- _Assignment_: Those lines of the records that contain "Prelude" are to be located and copied.

Dataset entries
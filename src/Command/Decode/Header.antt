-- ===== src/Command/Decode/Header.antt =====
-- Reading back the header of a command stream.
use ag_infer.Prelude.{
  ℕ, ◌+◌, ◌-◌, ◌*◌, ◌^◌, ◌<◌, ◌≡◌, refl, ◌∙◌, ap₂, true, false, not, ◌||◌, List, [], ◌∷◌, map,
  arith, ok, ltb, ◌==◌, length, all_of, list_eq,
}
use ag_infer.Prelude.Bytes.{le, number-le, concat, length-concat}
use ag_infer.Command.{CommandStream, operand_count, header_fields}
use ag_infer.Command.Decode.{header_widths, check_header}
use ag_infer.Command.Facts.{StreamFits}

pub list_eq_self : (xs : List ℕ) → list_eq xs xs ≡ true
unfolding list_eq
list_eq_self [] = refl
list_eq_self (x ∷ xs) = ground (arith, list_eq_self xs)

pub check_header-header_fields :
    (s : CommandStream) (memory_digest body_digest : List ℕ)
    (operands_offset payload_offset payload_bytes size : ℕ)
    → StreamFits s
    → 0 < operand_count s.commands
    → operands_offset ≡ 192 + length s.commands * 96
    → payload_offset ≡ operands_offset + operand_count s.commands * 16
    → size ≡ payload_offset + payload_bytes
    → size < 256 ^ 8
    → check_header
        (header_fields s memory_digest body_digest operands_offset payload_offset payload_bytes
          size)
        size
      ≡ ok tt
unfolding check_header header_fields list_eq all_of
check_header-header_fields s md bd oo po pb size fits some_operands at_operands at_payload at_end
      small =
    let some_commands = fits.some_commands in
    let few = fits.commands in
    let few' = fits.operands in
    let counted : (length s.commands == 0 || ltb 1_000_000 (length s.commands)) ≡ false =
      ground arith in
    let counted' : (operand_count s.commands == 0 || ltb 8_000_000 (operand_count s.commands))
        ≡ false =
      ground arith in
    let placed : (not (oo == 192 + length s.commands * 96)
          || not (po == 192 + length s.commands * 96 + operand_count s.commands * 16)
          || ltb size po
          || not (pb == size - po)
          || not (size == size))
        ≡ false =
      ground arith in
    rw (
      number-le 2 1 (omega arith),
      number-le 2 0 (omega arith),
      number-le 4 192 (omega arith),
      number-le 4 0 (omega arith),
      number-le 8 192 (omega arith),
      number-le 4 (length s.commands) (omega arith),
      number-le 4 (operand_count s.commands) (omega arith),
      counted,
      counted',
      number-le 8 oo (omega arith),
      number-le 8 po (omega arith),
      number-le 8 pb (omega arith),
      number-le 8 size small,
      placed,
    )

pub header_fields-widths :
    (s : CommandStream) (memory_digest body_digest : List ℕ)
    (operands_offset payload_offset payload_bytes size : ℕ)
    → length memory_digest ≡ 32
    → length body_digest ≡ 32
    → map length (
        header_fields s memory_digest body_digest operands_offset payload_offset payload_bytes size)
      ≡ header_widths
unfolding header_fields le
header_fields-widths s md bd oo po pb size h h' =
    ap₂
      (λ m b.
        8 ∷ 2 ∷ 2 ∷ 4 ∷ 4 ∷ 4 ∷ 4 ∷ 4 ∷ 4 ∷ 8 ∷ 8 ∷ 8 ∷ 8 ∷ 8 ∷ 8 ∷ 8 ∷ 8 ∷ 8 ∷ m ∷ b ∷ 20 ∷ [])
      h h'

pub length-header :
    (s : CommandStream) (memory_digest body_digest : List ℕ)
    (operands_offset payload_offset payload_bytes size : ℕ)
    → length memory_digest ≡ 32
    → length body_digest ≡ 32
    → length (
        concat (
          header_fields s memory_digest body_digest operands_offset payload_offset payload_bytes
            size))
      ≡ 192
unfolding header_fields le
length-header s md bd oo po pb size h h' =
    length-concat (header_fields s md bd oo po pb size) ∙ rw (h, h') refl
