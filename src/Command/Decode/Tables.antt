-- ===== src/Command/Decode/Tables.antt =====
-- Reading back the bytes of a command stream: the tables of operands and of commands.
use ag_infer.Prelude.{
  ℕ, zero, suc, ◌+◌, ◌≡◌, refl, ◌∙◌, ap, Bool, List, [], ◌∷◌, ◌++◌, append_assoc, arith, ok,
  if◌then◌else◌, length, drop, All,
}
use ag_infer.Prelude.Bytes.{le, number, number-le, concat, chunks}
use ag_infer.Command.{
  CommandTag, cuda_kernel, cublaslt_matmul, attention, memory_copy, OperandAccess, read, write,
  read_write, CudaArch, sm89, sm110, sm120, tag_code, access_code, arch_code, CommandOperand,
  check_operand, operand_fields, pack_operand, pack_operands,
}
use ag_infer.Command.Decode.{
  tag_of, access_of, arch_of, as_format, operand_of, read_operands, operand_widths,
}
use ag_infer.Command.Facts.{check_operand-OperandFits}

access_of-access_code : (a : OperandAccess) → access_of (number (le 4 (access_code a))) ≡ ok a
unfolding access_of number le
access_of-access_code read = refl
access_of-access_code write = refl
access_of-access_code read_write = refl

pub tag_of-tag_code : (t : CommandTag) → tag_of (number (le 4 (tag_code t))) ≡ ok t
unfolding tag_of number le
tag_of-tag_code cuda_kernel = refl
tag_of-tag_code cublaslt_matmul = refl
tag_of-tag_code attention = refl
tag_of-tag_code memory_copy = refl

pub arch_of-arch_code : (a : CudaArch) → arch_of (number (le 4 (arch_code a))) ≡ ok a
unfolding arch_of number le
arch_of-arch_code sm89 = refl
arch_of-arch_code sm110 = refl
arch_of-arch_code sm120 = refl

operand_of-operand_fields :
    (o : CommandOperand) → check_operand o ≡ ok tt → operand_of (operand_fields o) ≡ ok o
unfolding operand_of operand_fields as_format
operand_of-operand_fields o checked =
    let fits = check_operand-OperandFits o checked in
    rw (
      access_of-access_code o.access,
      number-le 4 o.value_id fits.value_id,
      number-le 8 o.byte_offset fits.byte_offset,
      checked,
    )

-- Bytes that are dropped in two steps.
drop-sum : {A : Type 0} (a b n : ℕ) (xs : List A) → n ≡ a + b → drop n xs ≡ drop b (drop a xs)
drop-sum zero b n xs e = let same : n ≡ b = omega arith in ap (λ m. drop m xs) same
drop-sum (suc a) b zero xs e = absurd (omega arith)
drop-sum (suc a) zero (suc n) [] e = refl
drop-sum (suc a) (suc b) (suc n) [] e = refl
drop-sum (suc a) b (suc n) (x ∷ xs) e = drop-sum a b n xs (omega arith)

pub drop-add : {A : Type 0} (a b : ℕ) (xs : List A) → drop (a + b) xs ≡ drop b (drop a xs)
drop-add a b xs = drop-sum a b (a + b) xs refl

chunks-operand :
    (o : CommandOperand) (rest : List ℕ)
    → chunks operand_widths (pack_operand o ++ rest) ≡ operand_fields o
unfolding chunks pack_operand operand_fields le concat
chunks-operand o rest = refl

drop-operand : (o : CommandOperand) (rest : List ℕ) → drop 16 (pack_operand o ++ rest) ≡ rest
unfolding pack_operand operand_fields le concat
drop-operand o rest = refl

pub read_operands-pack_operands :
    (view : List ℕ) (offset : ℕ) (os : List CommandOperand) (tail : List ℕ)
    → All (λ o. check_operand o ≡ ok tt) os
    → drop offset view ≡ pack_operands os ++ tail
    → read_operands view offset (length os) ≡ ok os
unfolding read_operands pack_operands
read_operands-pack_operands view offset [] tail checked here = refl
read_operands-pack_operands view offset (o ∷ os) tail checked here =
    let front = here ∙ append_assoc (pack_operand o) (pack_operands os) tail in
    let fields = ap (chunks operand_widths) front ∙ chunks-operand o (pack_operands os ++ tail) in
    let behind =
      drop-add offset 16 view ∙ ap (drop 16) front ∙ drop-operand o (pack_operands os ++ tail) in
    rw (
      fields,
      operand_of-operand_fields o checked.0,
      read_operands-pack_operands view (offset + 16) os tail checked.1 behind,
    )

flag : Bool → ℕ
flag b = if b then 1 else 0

- _Written solution_:
use ag_infer.Prelude.{
use ag_infer.Prelude.Bytes.{le, number-le, concat, length-concat}
use ag_infer.Prelude.{
use ag_infer.Prelude.Bytes.{le, number, number-le, concat, chunks}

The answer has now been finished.